The third floor houses some of the illustration department's work, including this most excellent garment by Lex Skotty.

Across the street, in the basement of the Main building, are several works from the photography department, including lovely fashion photography by Blair Lashley and busy, fluorescent photos of markets by Jiuying Jin. Dana M. Chang and Ashley E. Walters both display series on daily life—Chang with calm, cool still lifes and portraits and Walters with a photo of a lone tombstone that just says "HERE LIES" among photos of landscapes and eerie, middle-of-nowhere houses.

Upstairs on the second floor, City Paper's very own Weekly writer and Performing Arts Editor (and also my pal and roommate, jeez, talk about conflicts of interest) Maura Callahan's series of paintings of gloves transfixed me for so long. Her confident handling of paint and color are so satisfying; just let your eye meander on 'Discard After Use,' a painting on canvas of three yellow disposable gloves which sit atop a few cardboard rectangles over a blue-gray ground, but try to avoid the urge to lick those buttery textures. Callahan is in good company with the playful abstract paintings of Hannah Knight Leighton and raucous figural paintings by Staver Klitgaard—one of which features a very pink woman leaning back, legs spread wide, giving birth to a waterfall—along with Ian Reynolds' slightly more stoic paintings of landscapes and soft, abstract spaces.

In another room, on the third floor, there's a great group show with Michael Uckotter, Louis Fratino, Annie Murphy, Luis Seda, Ellen Phillips, Rachel Hayden, Brittany Jasin, and Ryan Doyle, whose works feel like they playfully push and pull from each other in a good way. While Seda, Fratino, and Hayden use figures and narrative and color as driving forces, Phillips, Jasin, Doyle, and Uckotter find meaning in abstraction and texture and shape. Murphy's installation sits amiably between the two, using painted objects such as toy dinosaurs and velveteen fabrics in bold colors that allow the viewer to create a strange series of relationships between the objects.

When Freddie Gray died, and when protests were building, MICA students were finishing up their finals and their thesis projects, and I know from talking to many of them that it was hard to focus on something that felt far less important than protesting injustice. But closing out my Art Walk experience were a number of works that seemed to draw (consciously or not) from the recent protests and the pervasive anger about the lack of justice for African-American people who have been victims of police brutality. Jean-Luc Gallic's series of small cement barricades, each painted slightly different, to me, recalled some of the obnoxious overpolicing we've seen here, which complemented Elena Brunner's (a friend of mine) tense, almost tarry drawings of protesters, alleyways, and baseball players yelling at each other (with tummies touching).

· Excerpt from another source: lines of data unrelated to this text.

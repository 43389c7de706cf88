-- ===== src/Examples/Clients.antt =====
-- The theorems on client connections at a concrete input.
use ferrium.Common.{
  ℕ, none, some, Option, List, [], ◌∷◌, Bytes, bytes, take, drop, ◌≡◌, refl, arith,
}
use ferrium.Protocol.Resp.{Frame, encode, encode_items, crlf}
use ferrium.Protocol.Command.{Command, set, cluster_members}
use ferrium.Protocol.Decimal.{decimal, digits}
use ferrium.Protocol.Utf8.{is_utf8_from}
use ferrium.Protocol.Requests.{request, IsRequest}
use ferrium.Server.{Driver, ProposeOutcome, request as to_driver, propose_write, round}
use ferrium.Client.{Handle}
use ferrium.Client.Connection.{handle_connection, drain}
use ferrium.Client.Chunks.{concat, handle_connection-chunks}
use ferrium.Client.Pipeline.{wire, wires, replies, handle_connection-wires}
use ferrium.Examples.Nodes.{fixed}
use ferrium.Examples.Driver.{lengths, driver1}

-- The answer on a channel.
abbrev outcome : List (ℕ × ProposeOutcome) → Option ProposeOutcome
outcome [] = none
outcome ((done, o) ∷ _) = some o

-- A handle on a driver that handles each request in a round of its own.
abbrev on_driver : Handle (Driver ℕ)
on_driver = record {
  storage = λ d. d.storage;
  on_metrics = λ f d. record d { metrics = f d.metrics };
  members = (bytes "n2", bytes "10.0.0.2:16379") ∷ [];
  send_propose = λ cmd d.
      let d' = round fixed lengths (to_driver (propose_write cmd 7)) d in
      some (outcome d'.outcomes, record d' { outcomes = [] });
  send_status = λ d. none;
}

abbrev debug : Frame → Bytes
debug f = []

abbrev requests : List Command
requests = set (bytes "k") (bytes "v") ∷ cluster_members ∷ []

-- They arrive in two reads, cut in the middle of the first.
abbrev chunks : List Bytes
chunks = take 7 (wires requests) ∷ drop 7 (wires requests) ∷ []

handle_connection-wires_example :
    handle_connection debug on_driver chunks [] driver1 ≡ replies debug on_driver requests driver1
unfolding wires wire encode encode_items IsRequest is_utf8_from decimal digits request
handle_connection-wires_example =
    handle_connection-wires debug on_driver requests chunks driver1 refl
      ((λ e. cc), ((λ e. cc), tt)) (refl, (tt, tt))
      (
        (omega arith, (omega arith, (omega arith, (omega arith, tt)))),
        ((omega arith, (omega arith, (omega arith, tt))), tt),
      )

-- Bytes that are no request: the loop ends with an error, also if they come one by one.
abbrev bad : List Bytes
bad = bytes ":" ∷ bytes "x" ∷ crlf ∷ []

handle_connection-chunks_example :
    handle_connection debug on_driver bad [] driver1 ≡ drain debug on_driver (concat bad) driver1
handle_connection-chunks_example =
    handle_connection-chunks debug on_driver bad [] driver1
      ((λ e. cc), ((λ e. cc), ((λ e. cc), tt)))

And down the hill in the Mount Royal Station building, all the way up on the third floor (follow the signs to the proper stairwell), this one by Grace Davis hits hard—it's something in the frail mulberry paper hanging by chains and the almost too-light handwriting.

I spent nearly four hours going through the work and taking notes and snapping pictures—so many that my phone died, and near the end, when I got to Mount Royal Station, my blood sugar was dropping fast, so this wraps up just a small fraction of the work, but I'm looking forward to going back again this weekend with fresh eyes.